YOUR TASK |
Only one stretch of the listing below is wanted. Give it again exactly, from the line with "list_decoded go_on offset (err (incomplete" through the line with "decode_at bytes offset = do".

>>>

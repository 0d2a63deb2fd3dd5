-- ===== src/Examples/Inspect.antt =====
-- examples/inspect.rs: the packets of a captured byte stream, as the lines that it prints. The text
-- of a line is left to the reader; the line keeps the values that it shows.
use marlin_binary_transfer.Common.{
  ℕ, zero, suc, ◌+◌, List, [], ◌∷◌, Bytes, length, ltb, if◌then◌else◌, ok, err, Checked, done,
  stuck, ◌>>=◌,
}
use marlin_binary_transfer.Codec.{
  DecodeError, incomplete, bad_token, header_checksum, payload_checksum, Decoded, decode,
  slice_from,
}

pub data Line : Type 0 where
  packet_line : (offset sync protocol packet_type payload_len : ℕ) → Line
  incomplete_line : (offset need have : ℕ) → Line
  error_line : (offset : ℕ) → DecodeError → Line

-- One byte is skipped.
unfoldable pub skipped :
    (go_on : ℕ → Checked (List Line)) (offset : ℕ) → DecodeError → Checked (List Line)
skipped go_on offset e = do lines ← go_on (offset + 1); done (error_line offset e ∷ lines)

-- The arms of the `match`; `go_on` is the loop from an offset on.
unfoldable pub list_decoded :
    (go_on : ℕ → Checked (List Line)) (offset : ℕ) → Decoded → Checked (List Line)
list_decoded go_on offset (ok (pkt, consumed)) = do
  lines ← go_on (offset + consumed)
  done (packet_line offset pkt.sync pkt.protocol pkt.packet_type (length pkt.payload) ∷ lines)
list_decoded go_on offset (err (incomplete need have)) =
    done (incomplete_line offset need have ∷ [])
list_decoded go_on offset (err (bad_token expected got)) =
    skipped go_on offset (bad_token expected got)
list_decoded go_on offset (err (header_checksum stored computed)) =
    skipped go_on offset (header_checksum stored computed)
list_decoded go_on offset (err (payload_checksum stored computed)) =
    skipped go_on offset (payload_checksum stored computed)

-- `decode(&bytes[offset..])`.
abbrev pub decode_at : Bytes → (offset : ℕ) → Checked Decoded
decode_at bytes offset = do rest ← slice_from offset bytes; decode rest

-- The `while` loop, with fuel for its rounds.
unfoldable pub inspect_loop : (fuel : ℕ) → Bytes → (offset : ℕ) → Checked (List Line)
inspect_loop zero bytes offset = if ltb offset (length bytes) then stuck else done []
inspect_loop (suc fuel) bytes offset =
    if ltb offset (length bytes)
    then decode_at bytes offset >>= list_decoded (inspect_loop fuel bytes) offset
    else done []

-- What `main` prints of the file's bytes. Each round goes on by a byte at least.
unfoldable pub inspect : Bytes → Checked (List Line)
inspect bytes = inspect_loop (length bytes) bytes 0
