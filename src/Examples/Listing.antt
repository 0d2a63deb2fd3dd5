-- ===== src/Examples/Listing.antt =====
-- The lines that examples/inspect.rs prints of any capture.
use marlin_binary_transfer.Common.{
  ℕ, zero, suc, ◌+◌, ◌≤◌, ◌<◌, ◌≡◌, refl, ap, ◌∙◌, arith, List, [], ◌∷◌, ◌++◌, Bytes, All, IsByte,
  All-drop, length, length-drop, drop, ltb, le→ltb, ltb→lt, ltb→le, is_empty, Bool-cases, inl, inr,
  ok, err, panic, stuck, ◌>>=◌, Checked, done, Ensures, Ensures-bind,
}
use marlin_binary_transfer.Codec.{
  Packet, DecodeError, incomplete, bad_token, header_checksum, payload_checksum, wire_len, Decoded,
  decode, slice_from,
}
use marlin_binary_transfer.Codec.Frame.{IsValid, frame}
use marlin_binary_transfer.Codec.Answers.{Answers}
use marlin_binary_transfer.Codec.Sound.{decode-Answers}
use marlin_binary_transfer.Examples.Inspect.{
  Line, packet_line, incomplete_line, error_line, list_decoded, inspect_loop, inspect, skipped,
}

-- What `lines` say of the bytes from `offset` on: a packet's line is about the valid packet whose
-- frame is next, and the line behind it is about what follows the frame; an error's line tells the
-- answer of `decode`, and the line behind it is about what follows the byte; a line for an
-- incomplete packet is the last, and the bytes that are left are fewer than it asks for.
abbrev pub Lists : (offset : ℕ) → Bytes → List Line → Type 0
Lists offset rest [] = rest ≡ []
Lists offset rest (packet_line at_offset sync protocol packet_type payload_len ∷ lines) =
    (packet : Packet) × (more : Bytes) × (at_offset ≡ offset)
    × (sync ≡ packet.sync)
    × (protocol ≡ packet.protocol)
    × (packet_type ≡ packet.packet_type)
    × (payload_len ≡ length packet.payload)
    × IsValid packet
    × (rest ≡ frame packet ++ more)
    × Lists (offset + wire_len packet) more lines
Lists offset rest (incomplete_line at_offset need have ∷ lines) =
    (at_offset ≡ offset) × (lines ≡ []) × (have ≡ length rest) × (0 < have) × (have < need)
Lists offset rest (error_line at_offset e ∷ lines) =
    (b : ℕ) × (more : Bytes) × (at_offset ≡ offset)
    × (rest ≡ b ∷ more)
    × (decode rest ≡ done (err e))
    × Lists (offset + 1) more lines

pub slice_from-drop : (lo : ℕ) (bs : Bytes) → lo ≤ length bs → slice_from lo bs ≡ done (drop lo bs)
slice_from-drop zero bs h = refl
slice_from-drop (suc lo) [] h = absurd (omega arith)
slice_from-drop (suc lo) (b ∷ bs) h = slice_from-drop lo bs (omega arith)

drop-eq : (m n : ℕ) (bs : Bytes) → m ≡ n → drop m bs ≡ drop n bs
drop-eq m n bs e = rw e refl

pub drop_add : (m n : ℕ) (bs : Bytes) → drop n (drop m bs) ≡ drop (m + n) bs
drop_add zero n bs = drop-eq n (0 + n) bs (omega arith)
drop_add (suc m) zero [] = drop-eq (suc m) (suc m + 0) [] (omega arith)
drop_add (suc m) (suc n) [] = drop-eq (suc (m + suc n)) (suc m + suc n) [] (omega arith)
drop_add (suc m) n (b ∷ bs) =
    drop_add m n bs ∙ drop-eq (suc (m + n)) (suc m + n) (b ∷ bs) (omega arith)

drop_all : (n : ℕ) (bs : Bytes) → length bs ≤ n → drop n bs ≡ []
drop_all zero [] h = refl
drop_all zero (b ∷ bs) h = absurd (omega arith)
drop_all (suc n) [] h = refl
drop_all (suc n) (b ∷ bs) h = drop_all n bs (omega arith)

uncons : (bs : Bytes) → 0 < length bs → (b : ℕ) × (bs ≡ b ∷ drop 1 bs)
uncons [] h = absurd (omega arith)
uncons (b ∷ bs) h = (b, refl)

wire_len-pos : (p : Packet) → 0 < wire_len p
unfolding wire_len
wire_len-pos p = elim (Bool-cases (is_empty p.payload)) [
  | inl e ↦ rw e (omega arith)
  | inr e ↦ rw e (omega arith)
]

module _ (go_on : ℕ → Checked (List Line)) (offset : ℕ) (rest : Bytes) (some_left : 0 < length rest)
    (goes_on : (n : ℕ)
      → 0 < n
      → Ensures (Lists (offset + n) (drop n rest)) (go_on (offset + n))) where
  packet-Lists :
      (p : Packet)
      → IsValid p
      → rest ≡ frame p ++ drop (wire_len p) rest
      → Ensures (Lists offset rest) (list_decoded go_on offset (ok (p, wire_len p)))
  unfolding list_decoded
  packet-Lists p v e =
      Ensures-bind (Lists (offset + wire_len p) (drop (wire_len p) rest)) (Lists offset rest)
        (go_on (offset + wire_len p)) _ (goes_on (wire_len p) (wire_len-pos p))
        (λ lines h. (p, drop (wire_len p) rest, refl, refl, refl, refl, refl, v, e, h))

  skipped-Lists :
      (e : DecodeError)
      → decode rest ≡ done (err e)
      → Ensures (Lists offset rest) (skipped go_on offset e)
  unfolding skipped
  skipped-Lists e d =
      let (b, splits) = uncons rest some_left in
      Ensures-bind (Lists (offset + 1) (drop 1 rest)) (Lists offset rest) (go_on (offset + 1)) _
        (goes_on 1 (omega arith)) (λ lines h. (b, drop 1 rest, refl, splits, d, h))

  list_decoded-Lists :
      (decoded : Decoded)
      → decode rest ≡ done decoded
      → Answers rest decoded
      → Ensures (Lists offset rest) (list_decoded go_on offset decoded)
  unfolding list_decoded
  list_decoded-Lists (ok (p, n)) d answers =
      rw (answers.1)
        (packet-Lists p answers.0 (answers.2 ∙ ap (λ k. frame p ++ drop k rest) answers.1))
  list_decoded-Lists (err (incomplete need have)) d answers =
      (refl, refl, answers.0, omega arith, answers.1)
  list_decoded-Lists (err (bad_token expected got)) d answers =
      skipped-Lists (bad_token expected got) d
  list_decoded-Lists (err (header_checksum stored computed)) d answers =
      skipped-Lists (header_checksum stored computed) d
  list_decoded-Lists (err (payload_checksum stored computed)) d answers =
      skipped-Lists (payload_checksum stored computed) d

-- The `match` on an answer of `decode`.
decoded-Lists :
    (go_on : ℕ → Checked (List Line)) (offset : ℕ) (rest : Bytes)
    → All IsByte rest
    → 0 < length rest
    → ((n : ℕ) → 0 < n → Ensures (Lists (offset + n) (drop n rest)) (go_on (offset + n)))
    → Ensures (Lists offset rest) (decode rest >>= list_decoded go_on offset)
decoded-Lists go_on offset rest good left goes_on =
    answered (decode rest) refl (decode-Answers rest good)
  where
    answered :
        (m : Checked Decoded)
        → decode rest ≡ m
        → Ensures (Answers rest) m
        → Ensures (Lists offset rest) (m >>= list_decoded go_on offset)
    answered (done decoded) d answers =
        list_decoded-Lists go_on offset rest left goes_on decoded d answers
    answered panic d answers = absurd answers
    answered stuck d answers = absurd answers

inspect_loop-Lists :
    (fuel : ℕ) (bytes : Bytes) (offset : ℕ)
    → All IsByte bytes
    → length bytes ≤ offset + fuel
    → Ensures (Lists offset (drop offset bytes)) (inspect_loop fuel bytes offset)
unfolding inspect_loop
inspect_loop-Lists zero bytes offset good enough =
    rw (le→ltb offset (length bytes) (omega arith)) (drop_all offset bytes (omega arith))
inspect_loop-Lists (suc fuel) bytes offset good enough =
    elim (Bool-cases (ltb offset (length bytes))) [
      | inl e ↦
          rw (e, slice_from-drop offset bytes (omega (arith, ltb→lt offset (length bytes) e)))
            (decoded-Lists (inspect_loop fuel bytes) offset (drop offset bytes)
              (All-drop IsByte offset bytes good)
              (omega (arith, ltb→lt offset (length bytes) e, length-drop offset bytes))
              (λ n pos.
                rw (drop_add offset n bytes)
                  (inspect_loop-Lists fuel bytes (offset + n) good (omega arith))))
      | inr e ↦ rw e (drop_all offset bytes (ltb→le offset (length bytes) e))
    ]

-- Whatever the bytes of the capture, `inspect` comes to an end without a panic, and its lines account
-- for every byte: those behind the offset of a line start with the frame of the packet that the line
-- shows, or with the one byte that it skips at an error of `decode`; what is behind is told by the
-- next line, and the last line is at the end of the capture or at a packet that the rest of the
-- capture is too short for.
pub inspect-Lists : (bytes : Bytes) → All IsByte bytes → Ensures (Lists 0 bytes) (inspect bytes)
unfolding inspect
inspect-Lists bytes good = inspect_loop-Lists (length bytes) bytes 0 good (omega arith)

<<<

TASK OUTPUT |
list_decoded go_on offset (err (incomplete need have)) =
    done (incomplete_line offset need have ∷ [])
list_decoded go_on offset (err (bad_token expected got)) =
    skipped go_on offset (bad_token expected got)
list_decoded go_on offset (err (header_checksum stored computed)) =
    skipped go_on offset (header_checksum stored computed)
list_decoded go_on offset (err (payload_checksum stored computed)) =
    skipped go_on offset (payload_checksum stored computed)

-- `decode(&bytes[offset..])`.
abbrev pub decode_at : Bytes → (offset : ℕ) → Checked Decoded
decode_at bytes offset = do rest ← slice_from offset bytes; decode rest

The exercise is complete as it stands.